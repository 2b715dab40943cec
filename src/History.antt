-- ===== src/History.antt =====
-- The stored state of the desktop client: AppStorage of client/desktop/src/backend.rs. A string is
-- its bytes; the file it is saved to is left out.
pub mod Normal
pub mod Runs
pub mod Keys
pub mod Endpoint
pub mod Reconnect
mod Tests
use screx_v.Prelude.{
  ℕ, ◌+◌, ◌-◌, ◌*◌, ◌/◌, ◌%◌, zero, suc, Bool, true, false, ◌&&◌, ◌||◌, not, Option, none, some,
  List, [], ◌∷◌, ◌++◌, length, take, ltb, leb, ◌==◌, if◌then◌else◌,
}
use screx_v.Text.{decimal}

unfoldable pub same_bytes : List ℕ → List ℕ → Bool
same_bytes [] [] = true
same_bytes [] (y ∷ ys) = false
same_bytes (x ∷ xs) [] = false
same_bytes (x ∷ xs) (y ∷ ys) = (x == y) && same_bytes xs ys

pub record RecentConnection : Type 0 where
  pub host : List ℕ
  pub port : ℕ
  pub name : List ℕ
  pub last_connected_at : ℕ
  pub pinned : Bool

-- The stream settings are not among the fields here.
pub record StoredState : Type 0 where
  pub device_id : Option (List ℕ)
  pub pairings : List (List ℕ × List ℕ)
  pub recent_connections : List RecentConnection

unfoldable pub default_state : StoredState
default_state = record { device_id = none; pairings = []; recent_connections = [] }

abbrev pub max_pinned : ℕ
max_pinned = 10

abbrev pub max_recent : ℕ
max_recent = 5

unfoldable pub is_at : (host : List ℕ) (port : ℕ) → RecentConnection → Bool
unfolding same_bytes
is_at host port c = same_bytes c.host host && (c.port == port)

-- The connections that are pinned, and the others.
unfoldable pub pinned_of : List RecentConnection → List RecentConnection
pinned_of [] = []
pinned_of (c ∷ cs) = let rest = pinned_of cs in if c.pinned then c ∷ rest else rest

unfoldable pub recent_of : List RecentConnection → List RecentConnection
recent_of [] = []
recent_of (c ∷ cs) = let rest = recent_of cs in if c.pinned then rest else c ∷ rest

unfoldable pub normalize_connections : List RecentConnection → List RecentConnection
unfolding pinned_of recent_of
normalize_connections cs = take max_pinned (pinned_of cs) ++ take max_recent (recent_of cs)

unfoldable pub find : (host : List ℕ) (port : ℕ) → List RecentConnection → Option RecentConnection
unfolding is_at
find host port [] = none
find host port (c ∷ cs) = if is_at host port c then some c else find host port cs

unfoldable pub is_pinned : Option RecentConnection → Bool
is_pinned none = false
is_pinned (some c) = c.pinned

-- The connections elsewhere.
unfoldable pub forget : (host : List ℕ) (port : ℕ) → List RecentConnection → List RecentConnection
unfolding is_at
forget host port [] = []
forget host port (c ∷ cs) =
    let rest = forget host port cs in if is_at host port c then rest else c ∷ rest

unfoldable pub remember_connection :
    (name host : List ℕ) (port now : ℕ) → List RecentConnection → List RecentConnection
unfolding normalize_connections find is_pinned forget
remember_connection name host port now cs = normalize_connections (
    record {
      host = host;
      port = port;
      name = name;
      last_connected_at = now;
      pinned = is_pinned (find host port cs);
    }
    ∷ forget host port cs)

-- The first connection there is pinned, or no longer.
unfoldable pub toggle_first :
    (host : List ℕ) (port : ℕ) → List RecentConnection → List RecentConnection
unfolding is_at
toggle_first host port [] = []
toggle_first host port (c ∷ cs) =
    let rest = toggle_first host port cs in
    if is_at host port c then record c { pinned = not c.pinned } ∷ cs else c ∷ rest

unfoldable pub toggle_pinned :
    (host : List ℕ) (port : ℕ) → List RecentConnection → List RecentConnection
unfolding toggle_first normalize_connections
toggle_pinned host port cs = normalize_connections (toggle_first host port cs)

unfoldable pub update_connection_name :
    (host : List ℕ) (port : ℕ) (name : List ℕ) → List RecentConnection → List RecentConnection
unfolding is_at
update_connection_name host port name [] = []
update_connection_name host port name (c ∷ cs) =
    let rest = update_connection_name host port name cs in
    (if is_at host port c then record c { name = name } else c) ∷ rest

unfoldable pub clear_recent_connections : List RecentConnection → List RecentConnection
unfolding pinned_of
clear_recent_connections cs = pinned_of cs

-- `format!("{host}:{port}")`.
unfoldable pub endpoint_key : (host : List ℕ) (port : ℕ) → List ℕ
unfolding decimal
endpoint_key host port = host ++ 58 ∷ decimal 5 port

unfoldable pub remove_pairing : (key : List ℕ) → List (List ℕ × List ℕ) → List (List ℕ × List ℕ)
unfolding same_bytes
remove_pairing key [] = []
remove_pairing key ((k, v) ∷ entries) =
    let rest = remove_pairing key entries in if same_bytes k key then rest else (k, v) ∷ rest

unfoldable pub get_pairing : (key : List ℕ) → List (List ℕ × List ℕ) → Option (List ℕ)
unfolding same_bytes
get_pairing key [] = none
get_pairing key ((k, v) ∷ entries) = if same_bytes k key then some v else get_pairing key entries

-- The connection goes, and the pairing key with it.
unfoldable pub delete_connection : (host : List ℕ) (port : ℕ) → StoredState → StoredState
unfolding forget endpoint_key remove_pairing
delete_connection host port s = record s {
  recent_connections = forget host port s.recent_connections;
  pairings = remove_pairing (endpoint_key host port) s.pairings;
}

unfoldable pub hex_digit : ℕ → ℕ
hex_digit d = if ltb d 10 then 48 + d else 87 + d

-- Two lower-case digits for each byte.
unfoldable pub encode_hex : List ℕ → List ℕ
unfolding hex_digit
encode_hex [] = []
encode_hex (b ∷ bs) = hex_digit (b / 16) ∷ hex_digit (b % 16) ∷ encode_hex bs

unfoldable pub set_pairing_key : (endpoint key : List ℕ) → StoredState → StoredState
unfolding encode_hex remove_pairing
set_pairing_key endpoint key s = record s {
  pairings = (endpoint, encode_hex key) ∷ remove_pairing endpoint s.pairings;
}

unfoldable pub digit_of_hex : ℕ → Option ℕ
digit_of_hex c =
    if leb 48 c && leb c 57
    then some (c - 48)
    else if leb 97 c && leb c 102
    then some (c - 87)
    else if leb 65 c && leb c 70
    then some (c - 55)
    else none

unfoldable pub two_digits : Option ℕ → Option ℕ → Option ℕ
two_digits (some a) (some b) = some (a * 16 + b)
two_digits _ _ = none

-- `u8::from_str_radix(pair, 16)` on two bytes; the first may be a plus sign.
unfoldable pub byte_of_hex : (a b : ℕ) → Option ℕ
unfolding digit_of_hex two_digits
byte_of_hex a b = if a == 43 then digit_of_hex b else two_digits (digit_of_hex a) (digit_of_hex b)

unfoldable pub cons_byte : Option ℕ → Option (List ℕ) → Option (List ℕ)
cons_byte (some b) (some bs) = some (b ∷ bs)
cons_byte _ _ = none

unfoldable pub decode_pairs : List ℕ → Option (List ℕ)
unfolding byte_of_hex cons_byte
decode_pairs [] = some []
decode_pairs (a ∷ []) = none
decode_pairs (a ∷ b ∷ rest) = cons_byte (byte_of_hex a b) (decode_pairs rest)

unfoldable pub decode_hex_32 : List ℕ → Option (List ℕ)
unfolding decode_pairs
decode_hex_32 hex = if length hex == 64 then decode_pairs hex else none

unfoldable pub decoded_key : Option (List ℕ) → Option (List ℕ)
unfolding decode_hex_32
decoded_key none = none
decoded_key (some value) = decode_hex_32 value

unfoldable pub get_pairing_key : (endpoint : List ℕ) → StoredState → Option (List ℕ)
unfolding get_pairing decoded_key
get_pairing_key endpoint s = decoded_key (get_pairing endpoint s.pairings)
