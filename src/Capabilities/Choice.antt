-- ===== src/Capabilities/Choice.antt =====
-- The stream settings picked in the settings dialog, and the request made of them:
-- StreamSettingsChoice, parse_resolution and to_requested of client/desktop/src/capabilities.rs.
-- A string is its bytes.
use screx_v.Prelude.{ℕ, ◌^◌, Option, none, some, List, [], ◌∷◌, ltb, if◌then◌else◌}
use mathlib.Core.Option
use screx_v.Text.{split_once, parse}
use screx_v.History.{same_bytes}
use screx_v.Capabilities.Client.{RequestedSettings}

pub record StreamSettingsChoice : Type 0 where
  pub resolution : List ℕ
  pub framerate : List ℕ
  pub codec : List ℕ
  pub bitrate : List ℕ

abbrev pub default_choice : List ℕ
default_choice = b'd' ∷ b'e' ∷ b'f' ∷ b'a' ∷ b'u' ∷ b'l' ∷ b't' ∷ []

abbrev pub default_settings_choice : StreamSettingsChoice
default_settings_choice = record {
  resolution = default_choice;
  framerate = default_choice;
  codec = default_choice;
  bitrate = default_choice;
}

-- `filter(|v| *v > 0)`.
unfoldable pub positive : Option ℕ → Option ℕ
positive none = none
positive (some n) = if ltb 0 n then some n else none

unfoldable pub both : Option ℕ → Option ℕ → Option (ℕ × ℕ)
both none h = none
both (some w) none = none
both (some w) (some h) = some (w, h)

unfoldable pub size_of : Option (List ℕ × List ℕ) → Option (ℕ × ℕ)
unfolding both positive parse
size_of none = none
size_of (some (w, h)) = both (positive (parse 65536 w)) (positive (parse 65536 h))

unfoldable pub parse_resolution : List ℕ → Option (ℕ × ℕ)
unfolding size_of split_once
parse_resolution value = size_of (split_once b'x' value)

unfoldable pub framerate_of : List ℕ → Option ℕ
unfolding same_bytes
framerate_of value =
    if same_bytes value (b'3' ∷ b'0' ∷ [])
    then some 30
    else if same_bytes value (b'6' ∷ b'0' ∷ [])
    then some 60
    else none

unfoldable pub codec_of : List ℕ → Option ℕ
unfolding same_bytes
codec_of value =
    if same_bytes value (b'h' ∷ b'2' ∷ b'6' ∷ b'4' ∷ [])
    then some 0x00
    else if same_bytes value (b'h' ∷ b'2' ∷ b'6' ∷ b'5' ∷ [])
    then some 0x01
    else none

unfoldable pub to_requested : StreamSettingsChoice → RequestedSettings
unfolding parse_resolution framerate_of codec_of positive parse
to_requested c = record {
  width = Option.map (λ p. p.0) (parse_resolution c.resolution);
  height = Option.map (λ p. p.1) (parse_resolution c.resolution);
  fps = framerate_of c.framerate;
  codec = codec_of c.codec;
  bitrate_bps = positive (parse (2 ^ 32) c.bitrate);
}
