-- ===== src/Text/Fields.antt =====
-- Strings that `strings.TrimSpace` leaves as they are.
use tunnel.Prelude.{ℕ, Bytes, [], ◌∷◌, ◌++◌, ◌≡◌, ◌≢◌, refl, sym, ap, ◌∙◌, append-nil, subst}
use tunnel.Text.Space.{trim_space, IsField, IsVisible, last_of, trim_space-IsField}

pub last_of-append : (c d : ℕ) (s t : Bytes) → last_of c (s ++ d ∷ t) ≡ last_of d t
last_of-append c d [] t = refl
last_of-append c d (b ∷ s) t = last_of-append b d s t

pub IsField-append :
    (key : Bytes) (d : ℕ) (t : Bytes)
    → IsField key
    → key ≢ []
    → IsVisible (last_of d t)
    → IsField (key ++ d ∷ t)
IsField-append [] d t h n v = absurd (n refl)
IsField-append (c ∷ key) d t h n v = (h.0, subst IsVisible (sym (last_of-append c d key t)) v)

pub trim_space-field : (v : Bytes) → IsField v → trim_space v ≡ v
trim_space-field v h = ap trim_space (sym (append-nil v)) ∙ trim_space-IsField [] v [] h tt tt

pub last_of-IsField : (d : ℕ) (v : Bytes) → IsField v → v ≢ [] → IsVisible (last_of d v)
last_of-IsField d [] h n = absurd (n refl)
last_of-IsField d (c ∷ v) h n = h.1
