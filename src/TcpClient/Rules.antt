-- ===== src/TcpClient/Rules.antt =====
-- `runTCPClient` (tcp_client.go): the forwards that the flag `-l` asks for.
use tunnel.Prelude.{
  ℕ, Bytes, Bool, true, false, List, [], ◌∷◌, ◌++◌, ◌≡◌, ◌≢◌, refl, sym, ap, ◌∙◌, Option, none,
  some, if◌then◌else◌, bytes_eq, bytes_eq_ne, bytes_eq_iff, codes, arith, append_assoc, map,
}
use tunnel.Text.{
  split, trim_prefix, trim_prefix-append, Lacks, Lacks-append, AllLack, join, split-join,
}
use tunnel.Text.Fields.{IsField-append, trim_space-field, last_of-IsField}
use tunnel.Text.Space.{trim_space, IsField, IsVisible, last_of, AreSpaces, trim_space-IsField}
use tunnel.Http.Request.{Url}

-- How the client starts: it stops with an error, or it starts listeners, each with its target. The
-- flag tells that a rule without a `/`, or with two, ends the program behind the listeners before
-- it.
pub data Start : Type 0 where
  refused : Start
  starts : List (Bytes × Bytes) → Bool → Start

abbrev pub with_forward : Bytes × Bytes → Start → Start
with_forward forward refused = refused
with_forward forward (starts forwards stopped) = starts (forward ∷ forwards) stopped

-- The parts of a rule.
unfoldable pub add_rule : List Bytes → Start → Start
add_rule (listen ∷ target ∷ []) rest = with_forward (trim_space listen, trim_space target) rest
add_rule _ rest = starts [] true

unfoldable pub run_rules : List Bytes → Start
run_rules [] = starts [] false
run_rules (rule ∷ rules) =
    let rest = run_rules rules in
    let text = trim_space rule in if bytes_eq text [] then rest else add_rule (split b'/' text) rest

abbrev pub check_url : Option Url → Start → Start
check_url none start = refused
check_url (some u) start = if bytes_eq u.scheme (codes "wss") then start else refused

-- `url.Parse` is a parameter.
unfoldable pub run_tcp_client : (Bytes → Option Url) → Bytes → Bytes → Start
run_tcp_client parse_url listen_forward_addr ws_server_addr =
    let rules = split b',' (trim_prefix listen_forward_addr (codes "tcp://")) in
    if bytes_eq ws_server_addr []
    then refused
    else check_url (parse_url ws_server_addr) (run_rules rules)

-- A rule as the flag's documentation writes it, with spaces around.
pub record Rule : Type 0 where
  pub before : Bytes
  pub listen : Bytes
  pub target : Bytes
  pub behind : Bytes

abbrev pub rule_text : Rule → Bytes
rule_text r = r.before ++ (r.listen ++ b'/' ∷ (r.target ++ r.behind))

abbrev pub IsAddress : Bytes → Type 0
IsAddress a = IsField a × (a ≢ []) × Lacks b'/' a × Lacks b',' a

abbrev pub IsRule : Rule → Type 0
IsRule r =
    IsAddress r.listen
    × IsAddress r.target
    × AreSpaces r.before
    × AreSpaces r.behind
    × Lacks b',' r.before
    × Lacks b',' r.behind

abbrev pub AreRules : List Rule → Type 0
AreRules [] = Unit {0}
AreRules (r ∷ rules) = IsRule r × AreRules rules

abbrev pub forward_of : Rule → Bytes × Bytes
forward_of r = (r.listen, r.target)

not_empty : (s : Bytes) (d : ℕ) (t : Bytes) → bytes_eq (s ++ d ∷ t) [] ≡ false
unfolding bytes_eq
not_empty [] d t = refl
not_empty (c ∷ s) d t = refl

rule_fields :
    (listen target before behind : Bytes)
    → IsAddress listen
    → IsAddress target
    → AreSpaces before
    → AreSpaces behind
    → trim_space (before ++ (listen ++ b'/' ∷ (target ++ behind))) ≡ listen ++ b'/' ∷ target
rule_fields listen target before behind (f, n, a, b) (g, m, c, d) h k =
    let visible : IsVisible (last_of b'/' target) = last_of-IsField b'/' target g m in
    ap (λ s. trim_space (before ++ s)) (sym (append_assoc listen (b'/' ∷ target) behind))
    ∙ trim_space-IsField before (listen ++ b'/' ∷ target) behind
        (IsField-append listen b'/' target f n visible) h k

run_rules-rule :
    (listen target before behind : Bytes) (rules : List Bytes)
    → IsAddress listen
    → IsAddress target
    → AreSpaces before
    → AreSpaces behind
    → run_rules ((before ++ (listen ++ b'/' ∷ (target ++ behind))) ∷ rules)
      ≡ with_forward (listen, target) (run_rules rules)
unfolding run_rules add_rule
run_rules-rule listen target before behind rules (f, n, a, b) (g, m, c, d) h k =
    let filled : bytes_eq (listen ++ b'/' ∷ target) [] ≡ false = not_empty listen b'/' target in
    rw (
      rule_fields listen target before behind (f, n, a, b) (g, m, c, d) h k,
      filled,
      split-join b'/' listen (target ∷ []) a (c, tt),
      trim_space-field listen f,
      trim_space-field target g,
    )

run_rules-AreRules :
    (rules : List Rule)
    → AreRules rules
    → run_rules (map rule_text rules) ≡ starts (map forward_of rules) false
unfolding run_rules
run_rules-AreRules [] h = refl
run_rules-AreRules (r ∷ rules) ((l, t, a, b, p, q), hs) =
    run_rules-rule r.listen r.target r.before r.behind (map rule_text rules) l t a b
    ∙ ap (with_forward (forward_of r)) (run_rules-AreRules rules hs)

Lacks-rule_text : (r : Rule) → IsRule r → Lacks b',' (rule_text r)
Lacks-rule_text r (l, t, a, b, p, q) =
    Lacks-append b',' r.before (r.listen ++ b'/' ∷ (r.target ++ r.behind)) p (
      Lacks-append b',' r.listen (b'/' ∷ (r.target ++ r.behind)) l.3
        ((λ e. absurd (omega arith)), Lacks-append b',' r.target r.behind t.3 q))

AllLack-rules : (rules : List Rule) → AreRules rules → AllLack b',' (map rule_text rules)
AllLack-rules [] h = tt
AllLack-rules (r ∷ rules) (h, hs) = (Lacks-rule_text r h, AllLack-rules rules hs)

-- Rules as the flag's documentation writes them, with spaces around or without, start one listener
-- each, in order, for just their addresses.
pub run_tcp_client-rules :
    (parse_url : Bytes → Option Url) (r : Rule) (rules : List Rule) (ws_server_addr : Bytes)
    (u : Url)
    → AreRules (r ∷ rules)
    → ws_server_addr ≢ []
    → parse_url ws_server_addr ≡ some u
    → u.scheme ≡ codes "wss"
    → run_tcp_client parse_url
        (codes "tcp://" ++ join b',' (rule_text r) (map rule_text rules))
        ws_server_addr
      ≡ starts (map forward_of (r ∷ rules)) false
unfolding run_tcp_client
run_tcp_client-rules parse_url r rules ws_server_addr u h n p s =
    let rest = join b',' (rule_text r) (map rule_text rules) in
    let wss : bytes_eq u.scheme (codes "wss") ≡ true = (bytes_eq_iff u.scheme (codes "wss")).1 s in
    rw
      (
        trim_prefix-append (codes "tcp://") rest,
        bytes_eq_ne ws_server_addr [] n,
        p,
        wss,
        split-join b',' (rule_text r) (map rule_text rules) (Lacks-rule_text r h.0)
            (AllLack-rules rules h.1),
      )
      (run_rules-AreRules (r ∷ rules) h)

################

Exercise: Using the data above, transcribe the lines that run from the line with "pub record StreamSettingsChoice" to the line with "default_choice = b'd'", both ends kept, and output nothing else.

Response to this task:
pub record StreamSettingsChoice : Type 0 where
  pub resolution : List ℕ
  pub framerate : List ℕ
  pub codec : List ℕ
  pub bitrate : List ℕ

abbrev pub default_choice : List ℕ
default_choice = b'd' ∷ b'e' ∷ b'f' ∷ b'a' ∷ b'u' ∷ b'l' ∷ b't' ∷ []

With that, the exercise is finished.